The O(3P) + H2(ν ⩽2, j, mj) →OH(ν′ ⩽2, j′, mj′) + H reaction

Abstract

Vibrationally adiabatic distorted wave calculations of vibration-rotation product distributions and differential cross sections have been carried out for the reaction O(³ P) + H₂(ν ⩽ 2, j, m_j ) →OH (ν′ ⩽ 2, j′, m_j′ ) + H. A LEPS potential energy surface of Johnson and Winter, and a fitted ab initio potential surface of Schinke and Lester have been used. The calculations have been performed over a range of translational energies close to the quasiclassical dynamical thresholds. The relative vibration-rotation product distributions for both potential surfaces and the differential cross sections are very similar as are the energy dependences of these quantities. Reactions for which ν →ν′ = ν are favoured over reactions for which ν →ν′ ≠ ν, in agreement with quasiclassical results. Initial vibrational excitation enhances reaction, in agreement with quasiclassical and experimental studies.

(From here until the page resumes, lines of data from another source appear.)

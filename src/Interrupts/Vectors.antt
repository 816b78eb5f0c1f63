-- ===== src/Interrupts/Vectors.antt =====
-- Which interrupts the kernel can take.
use steelmind_os.Base.{
  ℕ, ◌%◌, ◌≤◌, ◌≡◌, ◌≢◌, arith, Bool, true, false, none, some, mem, List, [], ◌∷◌,
}
use steelmind_os.Apic.Registers.{timer_entry}
use steelmind_os.Interrupts.{
  Handler, interrupt_handler_ec, page_fault_handler, timer_interrupt, double_fault_handler, idt,
}

-- The exceptions of the processor: for these it pushes an error code.
abbrev pub with_code : List ℕ
with_code = 8 ∷ 10 ∷ 11 ∷ 12 ∷ 13 ∷ 14 ∷ 17 ∷ 21 ∷ 29 ∷ 30 ∷ []

abbrev pub takes_code : Handler → Bool
takes_code interrupt_handler_ec = true
takes_code page_fault_handler = true
takes_code (double_fault_handler _) = true
takes_code _ = false

-- A handler takes an error code exactly if the processor pushes one for its vector.
pub idt-takes_code :
    (vector : ℕ) (h : Handler) → idt vector ≡ some h → takes_code h ≡ mem vector with_code
unfolding idt
idt-takes_code vector h e = ground arith

-- The vector with which the local APIC's timer is programmed, periodic or not, has the handler of the timer; no other
-- vector beyond the processor's own 32 has a handler.
pub idt-timer :
    (periodic : Bool) (vector : ℕ)
    → 32 ≤ vector
    → (idt (timer_entry periodic % 256) ≡ some timer_interrupt)
      × (vector ≢ timer_entry periodic % 256 → idt vector ≡ none)
unfolding idt
idt-timer periodic vector h = ground arith
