-- ===== src/RamDisk/Bytes.antt =====
-- Bytes and little-endian 64-bit words: `u64::to_le_bytes`, and a byte region read as `*const u64`.

use steelmind_os.Base.{
  ℕ, zero, suc, ◌+◌, ◌*◌, ◌/◌, ◌%◌, ◌^◌, ◌<◌, ◌≡◌, refl, ap, arith, List, [], ◌∷◌, ◌++◌, length,
  length-append, take, drop, take-append, drop-append, append_assoc,
}

abbrev pub Bytes : Type 0
Bytes = List ℕ

unfoldable pub le_bytes : ℕ → ℕ → Bytes
le_bytes zero x = []
le_bytes (suc n) x = x % 256 ∷ le_bytes n (x / 256)

unfoldable pub to_le_bytes : ℕ → Bytes
unfolding le_bytes
to_le_bytes x = le_bytes 8 x

unfoldable pub from_le_bytes : Bytes → ℕ
from_le_bytes [] = 0
from_le_bytes (b ∷ bs) = b + 256 * from_le_bytes bs

-- The first `n` words of a region, as a slice of `u64` shows them.
unfoldable pub words : ℕ → Bytes → List ℕ
words zero bs = []
words (suc n) bs = from_le_bytes (take 8 bs) ∷ words n (drop 8 bs)

unfoldable pub all_le_bytes : List ℕ → Bytes
all_le_bytes [] = []
all_le_bytes (w ∷ ws) = to_le_bytes w ++ all_le_bytes ws

-- Every number of the list fits 64 bits.
abbrev pub AllU64 : List ℕ → Type 0
AllU64 [] = Unit {0}
AllU64 (w ∷ ws) = (w < 2 ^ 64) × AllU64 ws

pub length-to_le_bytes : (x : ℕ) → 8 ≡ length (to_le_bytes x)
unfolding to_le_bytes
length-to_le_bytes x = refl

from-to_le_bytes : (x : ℕ) → x < 2 ^ 64 → from_le_bytes (to_le_bytes x) ≡ x
unfolding to_le_bytes from_le_bytes
from-to_le_bytes x h = omega arith

pub length-all_le_bytes : (ws : List ℕ) → length (all_le_bytes ws) ≡ 8 * length ws
unfolding all_le_bytes
length-all_le_bytes [] = refl
length-all_le_bytes (w ∷ ws) = omega (
  arith,
  length-append (to_le_bytes w) (all_le_bytes ws),
  length-to_le_bytes w,
  length-all_le_bytes ws,
)

words-to_le_bytes :
    (w n : ℕ) (rest : Bytes) → w < 2 ^ 64 → words (suc n) (to_le_bytes w ++ rest) ≡ w ∷ words n rest
unfolding words
words-to_le_bytes w n rest h = rw (
  take-append 8 (to_le_bytes w) rest (length-to_le_bytes w),
  drop-append 8 (to_le_bytes w) rest (length-to_le_bytes w),
  from-to_le_bytes w h,
)

-- Words that were written are read back, and reading goes on behind them.
pub words-all_le_bytes :
    (ws : List ℕ) (m : ℕ) (rest : Bytes)
    → AllU64 ws
    → words (length ws + m) (all_le_bytes ws ++ rest) ≡ ws ++ words m rest
unfolding all_le_bytes
words-all_le_bytes [] m rest h = let e : 0 + m ≡ m = omega arith in rw e
words-all_le_bytes (w ∷ ws) m rest h =
    let e : suc (length ws) + m ≡ suc (length ws + m) = omega arith in
    rw
      (
        e,
        append_assoc (to_le_bytes w) (all_le_bytes ws) rest,
        words-to_le_bytes w (length ws + m) (all_le_bytes ws ++ rest) h.0,
      )
      (ap (λ l. w ∷ l) (words-all_le_bytes ws m rest h.1))
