-- ===== src/RamDisk/Image.antt =====
-- bootimage/src/main.rs: `Image` collects files into one buffer with the end of each region, and
-- `build` writes the disk: total length, checksum, file count, region ends, contents.
use Prim.Native.String.{String, ◌++◌ as str_append}
use steelmind_os.Base.{
  ℕ, ◌+◌, ◌<◌, ◌^◌, ◌≡◌, Option, List, [], ◌∷◌, ◌++◌, length, Checked, ok, ◌>>=◌, unwrap,
}
use steelmind_os.RamDisk.Bytes.{Bytes, to_le_bytes, all_le_bytes}

-- The streaming checksum of the crate `pruefung`: `write` in pieces is `write` of the whole.
pub record Hasher : Type 1 where
  pub State : Type 0
  pub default : State
  pub write : State → Bytes → State
  pub finish : State → ℕ
  pub write-append : (s : State) (xs ys : Bytes) → write (write s xs) ys ≡ write s (xs ++ ys)
  pub finish-lt : (s : State) → finish s < 2 ^ 64

pub record Image : Type 0 where
  pub region_ends : List ℕ
  pub buffer : Bytes

unfoldable pub new : Image
new = record { region_ends = []; buffer = [] }

-- What both `add_file` and `add_string` do with the bytes they have.
unfoldable pub append_region : Bytes → Image → Image
append_region content img =
    let all = img.buffer ++ content in
    record { region_ends = img.region_ends ++ length all ∷ []; buffer = all }

unfoldable pub add_string : Bytes → Image → Image
unfolding append_region
add_string content img = append_region content img

-- `target` is `CARGO_TARGET_DIR` or its default.
unfoldable pub user_app_path : String → String → String → String
user_app_path target name profile_name =
    str_append target
      (str_append "/x86_64-unknown-steelmind_os/" (str_append profile_name (str_append "/" name)))

-- The files of the build machine are a parameter: opening a missing file panics.
module _ (fs : String → Option Bytes) where
  unfoldable pub add_file : String → Image → Checked Image
  unfolding append_region
  add_file path img = do content ← unwrap (fs path); ok (append_region content img)

  unfoldable pub add_user_app : String → String → String → Image → Checked Image
  unfolding add_file
  add_user_app target name profile_name img = add_file (user_app_path target name profile_name) img

module _ (H : Hasher) where
  open H use {default, write, finish}

  -- The bytes of the image file.
  unfoldable pub build : Image → Bytes
  build img =
      let ends = length img.region_ends ∷ img.region_ends in
      let region_lengths_buf = all_le_bytes ends in
      let checksum = finish (write (write default region_lengths_buf) img.buffer) in
      to_le_bytes (length region_lengths_buf + length img.buffer + 8 + 8)
      ++ (to_le_bytes checksum ++ (region_lengths_buf ++ img.buffer))

  unfoldable pub create_ram_disk : (String → Option Bytes) → String → String → Checked Bytes
  unfolding add_file add_user_app
  create_ram_disk fs target profile_name = do
    a ← add_user_app fs target "main" profile_name new
    b ← add_user_app fs target "test" profile_name a
    c ← add_file fs "bootimage/test.jpg" b
    ok (build c)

The relative product state rotational distributions are unimodal, insensitive to the value of the initial rotational state j and broaden quite appreciably with initial translational energy for all ν. Over 25 per cent of the available energy is present in product rotation for the ν = 0 reaction at energies above the quasiclassical threshold. Cross sections with m_j = 0 →m_j′ = 0 are much larger than cross sections for which m_j ≠ 0 or m_j′ ≠ 0. The differential cross sections are backward peaked for all ν at low energies, with the peak moving towards forward angles as the initial translational energies are increased above the quasiclassical thresholds.